Nouvel arrêté royal mettant en œuvre le Service Bancaire de Base (Entreprises) : Avènement d’une interdiction professionnelle implicite ?
1. Introduction. Dans notre Newsletter du 12 juin dernier[1], nous avons fait le point sur plusieurs modifications apportées au régime du service bancaire de base pour les entreprises et les missions diplomatiques (« SBBE »), dont la mise en œuvre et l’entrée en vigueur étaient conditionnées à l’adoption d’un nouvel arrêté royal.
C’est chose faite, avec la promulgation de l’arrêté royal du 17 juillet 2024 modifiant l'arrêté royal du 16 décembre 2022 relatif au service bancaire de base pour les entreprises.
2. Motifs de refus du SBBE. L’une des principales nouveautés apportées à la procédure de demande du SBBE était l’instauration de motifs « objectifs » de refus entraînant le rejet, d’office, par la Chambre du service bancaire de base, de la demande introduite par une entreprise (en ce compris les associations de copropriétaires) ou une mission diplomatique.

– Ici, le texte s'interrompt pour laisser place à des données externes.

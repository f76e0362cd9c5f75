-- ===== src/Serial/Manager.antt =====
-- The life cycle of the SerialManager object of mp_serial_ext.c on POSIX systems: init, start,
-- is_running, get_perf_stats, shutdown and dealloc. The system calls are effects in a list; what
-- the interpreter and the system answer is an argument. The code ignores the result of
-- pthread_create, which leaves an undefined identifier where it fails; a join with that is
-- undefined, and an effect of its own here.
pub mod States
pub mod Pairs
pub mod Cycle
use p.Common.{
  ℕ, Bool, true, false, List, [], ◌∷◌, ◌++◌, Option, none, some, not, ◌&&◌, if◌then◌else◌,
}
use p.Memory.{Buffer}
use p.Serial.State.{Ring, Perf, Shared, ring_bytes}

pub data Worker : Type 0 where
  reader writer deliverer : Worker

pub data Effect : Type 0 where
  opens closes : ℕ → Effect
  creates joins : Worker → Effect
  -- pthread_create fails and leaves an identifier that is not 0; and a join with that
  strays joins_stray : Worker → Effect

-- A pthread_t: 0, that of a thread, or what a pthread_create that failed has left
pub data ThreadId : Type 0 where
  zero_id thread_id stray_id : ThreadId

-- What a pthread_create answers: it creates the thread, or it fails, and then the identifier is
-- not 0 afterwards, or is.
pub data Creation : Type 0 where
  succeeds : Creation
  fails : Bool → Creation

pub record Creations : Type 0 where
  pub read_thread : Creation
  pub write_thread : Creation
  pub deliver_thread : Creation

abbrev pub id_of : Creation → ThreadId
id_of succeeds = thread_id
id_of (fails true) = stray_id
id_of (fails false) = zero_id

abbrev pub creation : Worker → Creation → List Effect
creation w succeeds = creates w ∷ []
creation w (fails true) = strays w ∷ []
creation w (fails false) = []

-- fd is none where it is negative. The ring and the counters
-- are those of Serial/State.antt, and ring_data is set where it is not NULL.
pub record Manager : Type 0 where
  pub fd : Option ℕ
  pub alive : Bool
  pub py_enabled : Bool
  pub read_thread : ThreadId
  pub write_thread : ThreadId
  pub deliver_thread : ThreadId
  pub shared : Shared
  pub ring_data : Bool

abbrev pub no_perf : Perf
no_perf = record {
  rx_bytes = 0;
  rx_frames = 0;
  cobs_decode_errors = 0;
  ring_push_dropped = 0;
  delivered_frames = 0;
  delivered_bytes = 0;
  tx_batches = 0;
  tx_bytes = 0;
  rx_idle_loops = 0;
  cpu_reader_ns = 0;
  cpu_writer_ns = 0;
  cpu_deliver_ns = 0;
}

-- The object that tp_alloc returns: every field is zero.
abbrev pub allocated : Manager
allocated = record {
  fd = some 0;
  alive = false;
  py_enabled = false;
  read_thread = zero_id;
  write_thread = zero_id;
  deliver_thread = zero_id;
  shared = record {
    ring = record {
      ring_data = record { size = 0; cell = λ i. 0 };
      ring_size = 0;
      ring_head = 0;
      ring_tail = 0;
      ring_dropped = 0;
    };
    perf = no_perf;
  };
  ring_data = false;
}

-- What the calls in SerialManager_init answer: the arguments parse, the queues have `get` and
-- `put_nowait`, there is memory for the port's name, the three methods are found, and malloc gives
-- a block with this content.
pub record InitAnswers : Type 0 where
  pub parsed : Bool
  pub queue_like : Bool
  pub port_memory : Bool
  pub methods : Bool
  pub block : Option (ℕ → ℕ)

pub data InitError : Type 0 where
  bad_arguments not_queues no_port_memory no_methods no_ring : InitError

abbrev cleared : Manager → Manager
cleared m = record m { alive = false; py_enabled = false; ring_data = false }

-- The ring and the counters, before the check of malloc's result.
abbrev with_ring : Manager → (ℕ → ℕ) → ℕ → Manager
with_ring m content size = record m {
  shared = record {
    ring = record {
      ring_data = record { size = size; cell = content };
      ring_size = ring_bytes;
      ring_head = 0;
      ring_tail = 0;
      ring_dropped = 0;
    };
    perf = no_perf;
  };
}

unfoldable pub init : InitAnswers → Manager → Manager × Option InitError
init a m =
    if not a.parsed
    then (cleared m, some bad_arguments)
    else if not a.queue_like
    then (cleared m, some not_queues)
    else if not a.port_memory
    then (cleared m, some no_port_memory)
    else if not a.methods
    then (cleared m, some no_methods)
    else elim a.block [
      | none ↦ (with_ring (cleared m) (λ i. 0) 0, some no_ring)
      | some content ↦ (
        record (with_ring (cleared m) content ring_bytes) {
          ring_data = true;
          fd = none;
          read_thread = zero_id;
          write_thread = zero_id;
          deliver_thread = zero_id;
        },
        none,
      )
    ]

abbrev pub started : Manager → ℕ → Creations → Manager
started m fd c = record m {
  fd = some fd;
  py_enabled = true;
  alive = true;
  read_thread = id_of c.read_thread;
  write_thread = id_of c.write_thread;
  deliver_thread = id_of c.deliver_thread;
}

abbrev pub creations : Creations → List Effect
creations c =
    creation reader c.read_thread
    ++ creation writer c.write_thread
    ++ creation deliverer c.deliver_thread

-- `opened` is what open_serial_posix returns, or none for a negative result; then start raises
-- OSError, which is the result true.
pub start : Manager → Option ℕ → Creations → Manager × Bool × List Effect
start m opened c = elim m.fd [
  | some fd ↦ (m, false, [])
  | none ↦ elim opened [
    | none ↦ (m, true, [])
    | some fd ↦ (started m fd c, false, opens fd ∷ creations c)
  ]
]

pub is_running : Manager → Bool
is_running m = m.alive && (m.py_enabled && elim m.fd [ none ↦ false | some fd ↦ true ])

abbrev pub joined : ThreadId → Worker → List Effect
joined zero_id w = []
joined thread_id w = joins w ∷ []
joined stray_id w = joins_stray w ∷ []

abbrev join_all : Manager → List Effect
join_all m =
    joined m.read_thread reader ++ joined m.write_thread writer ++ joined m.deliver_thread deliverer

abbrev close_fd : Manager → List Effect
close_fd m = elim m.fd [ none ↦ [] | some fd ↦ closes fd ∷ [] ]

pub shutdown : Manager → Manager × List Effect
shutdown m = (
  record m {
    py_enabled = false;
    alive = false;
    read_thread = zero_id;
    write_thread = zero_id;
    deliver_thread = zero_id;
    fd = none;
  },
  join_all m ++ close_fd m,
)

-- The object is gone afterwards.
pub dealloc : Manager → List Effect
dealloc m = join_all m ++ close_fd m

-- The values of the dictionary, where PyDict_New has memory for it; then the counters start anew.
pub get_perf_stats : Manager → Bool → Manager × Option (Perf × ℕ)
get_perf_stats m memory = if not memory then (m, none) else (
  record m {
    shared = record { ring = record (m.shared.ring) { ring_dropped = 0 }; perf = no_perf };
  },
  some (m.shared.perf, m.shared.ring.ring_dropped),
)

Ainsi, en application du nouvel article 2, § 4, de l’arrêté royal du 16 décembre 2022, la rencontre d’une des conditions suivantes entraînera d’office l’exclusion du demandeur du régime de SBBE :
3. Interdiction professionnelle implicite ? Les deuxième et troisième motifs de refus ne semblent pas se prêter à la discussion. L’on s’interroge cependant sur l’équilibre et l’opportunité du premier, dont les conséquences, tel qu’il est rédigé, pourraient s’avérer disproportionnées par rapport au but poursuivi.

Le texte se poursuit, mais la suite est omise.